Para nós, as mudanças seriam a volta das letras "k", "w" e "y" ao alfabeto oficial (os Washingtons, as Kellys e os Nakamura agradecem) e uma série de novas regras para o uso de alguns sinais. O trema, o hífen, os acentos diferenciais e os acentos em ditongos abertos praticamente desapareceriam.
Resultado: "lingüiça" vira "linguiça", "contra-regra" se torna o esquisito "contrarregra" e "idéia" será "ideia". Eu e meus colegas psicólogos teríamos que nos acostumar a ler sobre personalidade "antissocial", e não anti-social. E imagino qual não seria o vestibulando ou o candidato num concurso público que não se preocuparia em, de uma hora para outra, não saber se o certo é "enjôo" ou "enjoo".
Em Portugal, a maior alteração seria o extermínio do "c" mudo, transformando um "facto" num "fato".
A questão da reforma ortográfica nos lembra o quanto é fácil ver a língua portuguesa apenas como um código cheio de regras. A gramática, ao cumprir com sua necessária função de proteger a língua oficial, ajuda milhares de estudantes a criar uma relação fria com o idioma. A literatura é capaz de salvar essa relação em alguns casos, mas num país com tão poucos leitores, essa tarefa sempre resulta incompleta.

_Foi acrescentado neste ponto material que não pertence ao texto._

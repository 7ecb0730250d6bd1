-- ===== src/ClientConfig/File.antt =====
-- The configuration file of a client: commands/config/client_config.go.
use opkssh.Base.{
  false, List, [], ◌∷◌, ◌≡◌, refl, ap, ◌∙◌, Option, none, some, Str, str, ◌==◌, str_eq,
  if◌then◌else◌, Result, ok, err, ◌>>=◌, wrap, then_do,
}
use opkssh.Files.{FsError, Fs}
use opkssh.Files.Load.{IsLawful}
use opkssh.ClientConfig.{ProviderConfig, ProviderConfigError, Aliases, create_providers_map}

pub record ClientConfig : Type 0 where
  pub default_provider : Str
  pub providers : List ProviderConfig
  pub agent_lifetime : Str

-- `c.GetProvidersMap()`
unfoldable pub get_providers_map : ClientConfig → Result ProviderConfigError Aliases
get_providers_map c = create_providers_map c.providers

-- `c.GetByIssuer(issuer)`
unfoldable pub first_with_issuer : Str → List ProviderConfig → Option ProviderConfig
first_with_issuer issuer [] = none
first_with_issuer issuer (p ∷ ps) =
    let rest = first_with_issuer issuer ps in if p.issuer == issuer then some p else rest

unfoldable pub get_by_issuer : ClientConfig → Str → Option ProviderConfig
unfolding first_with_issuer
get_by_issuer c issuer = first_with_issuer issuer c.providers

pub data FileError : Type 0 where
  no_home unparsed : FileError
  unreadable no_directory unwritable : FsError → FileError

-- The files, `os.UserHomeDir()`, `filepath.Join` and `filepath.Dir`, `yaml.Unmarshal` with the
-- decoder of a provider, and the default configuration that is built in.
module _ (fs : Fs) (home : Option Str) (join_path : List Str → Str) (dir_of : Str → Str)
    (unmarshal : Str → Option ClientConfig) (default_client_config : Str) where
  abbrev below_home : Option Str → Result FileError Str
  below_home none = err no_home
  below_home (some dir) = ok (join_path (dir ∷ str ".opk" ∷ str "config.yml" ∷ []))

  -- `ResolveClientConfigPath(&configPath)`
  unfoldable pub resolve_client_config_path : Str → Result FileError Str
  resolve_client_config_path path = if path == [] then below_home home else ok path

  abbrev parse_result : Option ClientConfig → Result FileError ClientConfig
  parse_result none = err unparsed
  parse_result (some c) = ok c

  abbrev parsed : Str → Result FileError ClientConfig
  parsed text = parse_result (unmarshal text)

  -- `GetClientConfigFromFile(configPath)`
  unfoldable pub get_client_config_from_file : Str → fs.State → Result FileError ClientConfig
  unfolding resolve_client_config_path
  get_client_config_from_file path s =
      resolve_client_config_path path >>= λ found. wrap unreadable (fs.read_file s found) >>= parsed

  -- `CreateDefaultClientConfig(configPath)`
  unfoldable pub create_default_client_config :
      Str → fs.State → Result FileError (Unit {0}) × fs.State
  create_default_client_config path s =
      then_do no_directory (fs.mkdir_all (dir_of path) 0o755 s)
        λ s. then_do unwritable (fs.write_file path default_client_config 0o644 s) λ s. (ok tt, s)

  same_state :
      {s t : fs.State}
      → ◌≡◌ {A = Result FileError (Unit {0}) × fs.State} (ok tt, s) (ok tt, t)
      → ◌≡◌ {A = Result FsError (Unit {0}) × fs.State} (ok tt, s) (ok tt, t)
  same_state h = ap (λ (r : Result FileError (Unit {0}) × fs.State). (ok tt, r.1)) h

  created :
      (path : Str) (s t : fs.State)
      → IsLawful fs
      → create_default_client_config path s ≡ (ok tt, t)
      → fs.read_file t path ≡ ok default_client_config
  unfolding create_default_client_config then_do
  created path s t lawful = after_mkdir (fs.mkdir_all (dir_of path) 0o755 s)
    where
      after_write :
          (u : fs.State) (w : Result FsError (Unit {0}) × fs.State)
          → fs.write_file path default_client_config 0o644 u ≡ w
          → then_do unwritable w (λ (s : fs.State). (ok tt, s)) ≡ (ok tt, t)
          → fs.read_file t path ≡ ok default_client_config
      after_write u (ok _, v) e h = lawful.read-write path _ 0o644 u t (e ∙ same_state h)
      after_write u (err e, v) f h = cc

      after_mkdir :
          (r : Result FsError (Unit {0}) × fs.State)
          → then_do no_directory r (λ s.
            then_do unwritable (fs.write_file path default_client_config 0o644 s) λ s. (ok tt, s))
            ≡ (ok tt, t)
          → fs.read_file t path ≡ ok default_client_config
      after_mkdir (ok _, u) h = after_write u _ refl h
      after_mkdir (err e, u) h = cc

  -- A default configuration that is created at a path is what a client then reads from it, if the
  -- text parses and the file system keeps the laws of a write.
  pub get-create_default_client_config :
      (path : Str) (s t : fs.State) (config : ClientConfig)
      → IsLawful fs
      → (path == []) ≡ false
      → unmarshal default_client_config ≡ some config
      → create_default_client_config path s ≡ (ok tt, t)
      → get_client_config_from_file path t ≡ ok config
  unfolding get_client_config_from_file
  get-create_default_client_config path s t config lawful given parses h =
      rw (given, created path s t lawful h) (ap parse_result parses)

Na verdade, a língua é mais que um sistema de regras e signos convencionados. A linguagem é um dos recursos mais nobres do psiquismo. É só transformando uma experiência em palavras que podemos pensar sobre ela. Posso gritar de dor, mas se eu não transformar esse grito em algo inteligível, não saberei informar o que dói, onde dói e como dói. Também não poderei pensar sobre a dor (o que, no caso de uma dor psicológica, seria um desastre). Ou seja, a linguagem ajuda a mente a operar nas realidades física e psíquica.
Quando você sonha à noite e, de manhã, conta o sonho para algum amigo ou para seu analista, o relato já não traduz diretamente o que foi sonhado. No nível instintivo da mente, de onde os sonhos vêm, não há palavras: apenas imagens e pulsões. Só acordado é que o sujeito faz uma elaboração da vivência onírica, a partir da qual surgem palavras. Decodificar em palavras uma vivência mental é transformá-la em algo pensável: "sonhei com isto".
A mente não liga nem um pouco para as regras da língua. O processo de simbolização subjacente à linguagem independe das normas do código escrito, de modo que a reforma ortográfica não afetaria um só milímetro o jeito de nossa mente "conversar" conosco. Porém, se invertermos o raciocínio, veremos que é a plasticidade de nossa mente no uso da palavra (e de sua imagem fonética) que torna a língua viva, mutante e criativa. Somos nós que a transformamos no que ela é (naturalmente, e não por acordos), de modo que essa reforma soa como um bruto artificialismo estrangeiro.
Identidades se criam na separação, nunca na fusão. Assim, podemos ser, sem problemas, poliglotas na mesma língua e, como canta Caetano, gostar "do Pessoa na pessoa e da rosa no Rosa".